TE Connectivity's Q4 2025: Contradictions Emerge on AI Growth, Industrial Market Share, Margins, Tariff Strategies, and Gross Margin Forecasts

Wednesday, Oct 29, 2025 1:16 pm ET7min read
Aime RobotAime Summary

- TE Connectivity reported Q4 FY2025 revenue of $4.75B (+17% YoY) with AI-driven DDN segment tripling to $900M, driven by hyperscaler demand.

- FY2025 adjusted EPS rose 16% to $8.76; gross margin recast to ~36% (up 100 bps) and operating margin expanded 80 bps to ~20%.

- Management guided Q1 FY2026 revenue of $4.5B (+17% YoY) with continued AI/industrial growth, while CapEx remains near 5% of sales.

- Industrial markets showed strong momentum (notably Energy/AD&M), while Transportation stabilized with 4-6% content growth over market.

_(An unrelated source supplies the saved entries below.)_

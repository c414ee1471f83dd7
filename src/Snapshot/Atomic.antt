-- ===== src/Snapshot/Atomic.antt =====
-- What a dump of src/snapshot.rs leaves of the old snapshot and the new one, whatever fails, and wherever
-- a crash cuts it off.
use lloogg.Prelude.{
  ℕ, zero, suc, ◌≤◌, ◌≡◌, refl, sym, ap, ◌∙◌, subst, ◌⊎◌, inl, inr, Option, none, some, List, [],
  ◌∷◌, ◌++◌, map, take, All, All-take, All-append, append_assoc, Option-cases,
}
use lloogg.Ring.{RingBuffer}
use lloogg.HashMap.{HashMap}
use lloogg.Store.{Store}
use lloogg.Snapshot.{dump_bytes}
use lloogg.Snapshot.Effects.{
  IsWriting, joined, joined-key_writes, affected-append, bin-affected, tmp-affected, All-appended,
  bin-renamed,
}
use lloogg.Snapshot.Writes.{write_keys-whole, write_header-cases, finish-IsFinish}
use lloogg.Snapshot.Disk.{
  Directory, Effect, flushed, created, appended, renamed, affected, Disk, header_writes, key_writes,
  write_header, write_keys, finish, dump_to_path,
}

take-last :
    (n : ℕ) (es : List Effect) (e : Effect)
    → (take n (es ++ e ∷ []) ≡ take n es) ⊎ (take n (es ++ e ∷ []) ≡ es ++ e ∷ [])
take-last zero es e = inl refl
take-last (suc zero) [] e = inr refl
take-last (suc (suc n)) [] e = inr refl
take-last (suc n) (x ∷ es) e = elim (take-last n es e) [
  | inl same ↦ inl (ap (λ t. x ∷ t) same)
  | inr all ↦ inr (ap (λ t. x ∷ t) all)
]

-- After `n` calls the snapshot is the old one or all of the new one. In the end it is the new one if no
-- error is returned, and the old one otherwise.
pub record IsAtomic (n : ℕ) (d : Directory) (whole : List ℕ) (dump : List Effect × Option ℕ)
    : Type 0 where
  pub crash :
      ((affected d (take n dump.0)).bin ≡ d.bin) ⊎ ((affected d (take n dump.0)).bin ≡ some whole)
  pub ended :
      ((errno : ℕ) × (dump.1 ≡ some errno) × ((affected d dump.0).bin ≡ d.bin))
      ⊎ ((dump.1 ≡ none) × ((affected d dump.0).bin ≡ some whole))

IsAtomic-writing :
    (n : ℕ) (d : Directory) (whole : List ℕ) (es : List Effect) (errno : ℕ)
    → All IsWriting es
    → IsAtomic n d whole (es, some errno)
IsAtomic-writing n d whole es errno w = record {
  crash = inl (bin-affected d (take n es) (All-take IsWriting n es w));
  ended = inl (errno, refl, bin-affected d es w);
}

IsAtomic-renamed :
    (n : ℕ) (d : Directory) (whole : List ℕ) (es : List Effect)
    → All IsWriting es
    → (affected d es).tmp ≡ some whole
    → IsAtomic n d whole (es ++ renamed ∷ [], none)
IsAtomic-renamed n d whole es w h =
    let all : (affected d (es ++ renamed ∷ [])).bin ≡ some whole =
      ap (λ t. t.bin) (affected-append d es (renamed ∷ [])) ∙ bin-renamed (affected d es) h in
    record {
      crash = elim (take-last n es renamed) [
        | inl before ↦ inl (
            ap (λ t. (affected d t).bin) before
            ∙ bin-affected d (take n es) (All-take IsWriting n es w))
        | inr after ↦ inr (ap (λ t. (affected d t).bin) after ∙ all)
      ];
      ended = inr (refl, all);
    }

module _ (disk : Disk) (store : Store) (order : HashMap RingBuffer) (snapshot_ts : ℕ) where
  abbrev headers : List Effect × Option ℕ
  headers = write_header disk 0 (header_writes store snapshot_ts)

  dump_to_path-header :
      (errno : ℕ)
      → disk.create ≡ none
      → headers.1 ≡ some errno
      → dump_to_path disk store order snapshot_ts ≡ (created ∷ headers.0, some errno)
  unfolding dump_to_path
  dump_to_path-header errno made fails = rw (dump_to_path, made, fails)

  pub dump_to_path-finish :
      disk.create ≡ none
      → headers.1 ≡ none
      → dump_to_path disk store order snapshot_ts ≡ (
        created
            ∷ (headers.0 ++ (write_keys disk 4 (key_writes store.mem order) ++ (finish disk).0)),
        (finish disk).1,
      )
  unfolding dump_to_path
  dump_to_path-finish made header = rw (dump_to_path, made, header)

written : Store → HashMap RingBuffer → ℕ → List (List ℕ)
written store order snapshot_ts = header_writes store snapshot_ts ++ key_writes store.mem order

joined-written :
    (store : Store) (order : HashMap RingBuffer) (snapshot_ts : ℕ)
    → joined (written store order snapshot_ts) ≡ dump_bytes store order snapshot_ts
unfolding written dump_bytes
joined-written store order snapshot_ts = rw (joined-key_writes store.mem order)

IsAtomic-finish :
    (disk : Disk) (store : Store) (order : HashMap RingBuffer) (snapshot_ts n : ℕ) (d : Directory)
    → IsAtomic n d (dump_bytes store order snapshot_ts) (
      created
          ∷ (map appended (header_writes store snapshot_ts)
              ++ (map appended (key_writes store.mem order) ++ (finish disk).0)),
      (finish disk).1,
    )
unfolding written
IsAtomic-finish disk store order snapshot_ts n d =
    let whole : List ℕ = dump_bytes store order snapshot_ts in
    let hs : List Effect = map appended (header_writes store snapshot_ts) in
    let ks : List Effect = map appended (key_writes store.mem order) in
    let writing : All IsWriting (hs ++ ks) = All-appended (written store order snapshot_ts) in
    let of_finish : List Effect × Option ℕ → Type 0 =
      λ f. IsAtomic n d whole (created ∷ (hs ++ (ks ++ f.0)), f.1) in
    elim (finish-IsFinish disk) [
      | inl (errno, fs, fails, quiet) ↦ subst of_finish (sym fails) (
          IsAtomic-writing n d whole (created ∷ (hs ++ (ks ++ fs))) errno (
            tt,
            subst (All IsWriting) (append_assoc hs ks fs)
                (All-append IsWriting (hs ++ ks) fs writing quiet),
          ))
      | inr done ↦
          let es : List Effect = created ∷ ((hs ++ ks) ++ flushed ∷ []) in
          let tmp : (affected d es).tmp ≡ some whole =
            tmp-affected d (written store order snapshot_ts)
            ∙ ap some (joined-written store order snapshot_ts) in
          subst of_finish (sym done) (
            subst (λ t. IsAtomic n d whole (created ∷ t, none))
              (append_assoc (hs ++ ks) (flushed ∷ []) (renamed ∷ [])
                ∙ append_assoc hs ks (flushed ∷ renamed ∷ []))
              (IsAtomic-renamed n d whole es
                (tt, All-append IsWriting (hs ++ ks) (flushed ∷ []) writing (tt, tt)) tmp))
    ]

-- A dump is atomic if no write of a key fails: whatever call fails, and wherever a crash cuts the dump
-- off, `snapshot.bin` holds what it held or the whole new snapshot, and the new one exactly if no error
-- is returned.
pub dump_to_path-IsAtomic :
    (disk : Disk) (store : Store) (order : HashMap RingBuffer) (snapshot_ts n : ℕ) (d : Directory)
    → ((i : ℕ) → 4 ≤ i → disk.write i ≡ none)
    → IsAtomic n d (dump_bytes store order snapshot_ts) (dump_to_path disk store order snapshot_ts)
unfolding dump_to_path
dump_to_path-IsAtomic disk store order snapshot_ts n d keys = elim (Option-cases disk.create) [
  | inr (errno, fails) ↦ rw (dump_to_path, fails) (IsAtomic-writing n d _ [] errno tt)
  | inl made ↦ elim (write_header-cases disk 0 (header_writes store snapshot_ts)) [
    | inl (errno, fails, writing) ↦
        rw (dump_to_path-header disk store order snapshot_ts errno made fails)
          (IsAtomic-writing n d _ (created ∷ _) errno (tt, writing))
    | inr header ↦
        rw
          (
            dump_to_path-finish disk store order snapshot_ts made (ap (λ h. h.1) header),
            ap (λ h. h.0) header,
            write_keys-whole disk 4 (key_writes store.mem order) keys,
          )
          (IsAtomic-finish disk store order snapshot_ts n d)
  ]
]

Date of Call: October 29, 2025

Financials Results

  • Revenue: Q4 sales $4.75B, up 17% reported and 11% organically YoY; FY2025 sales $17.3B, up 9% reported and 6% organic YoY
  • EPS: Q4 adjusted EPS $2.44, up 25% YoY; FY2025 adjusted EPS $8.76, up 16% YoY (GAAP Q4 EPS $2.23 incl. charges)
  • Gross Margin: About 35% in FY25 (recasted ~36% after removing amortization from non-GAAP; ~100 bps improvement from recast)
  • Operating Margin: Adjusted operating margin ~20% in Q4 (up 130 bps YoY); FY2025 adjusted operating margin ~20%, expanded ~80 bps YoY

Guidance:

  • Q1 FY2026 sales expected ~$4.5B, up 17% reported / 11% organic YoY
  • Q1 FY2026 adjusted EPS expected ~ $2.53, up ~23% YoY
  • Q1 adjusted effective tax rate ~22%; full-year adjusted ETR ~23% (cash tax rate expected well below adjusted ETR)
  • Non-GAAP recast: amortization on intangibles excluded beginning FY2026 (impact ~ $0.15 per quarter)
  • CapEx expected around TE average (a little over 5% of sales), with FY26 dollar increase likely modest vs FY25
  • FY26 restructuring expected roughly ~$100M

Business Commentary:

  • Revenue and Earnings Growth:
  • TE Connectivity reported record sales of $4.75 billion for the fourth quarter, up 17% on a reported basis and 11% organically year-over-year.
  • The growth was driven by strong momentum in both segments, with a focus on strategic positioning in businesses benefiting from secular growth trends.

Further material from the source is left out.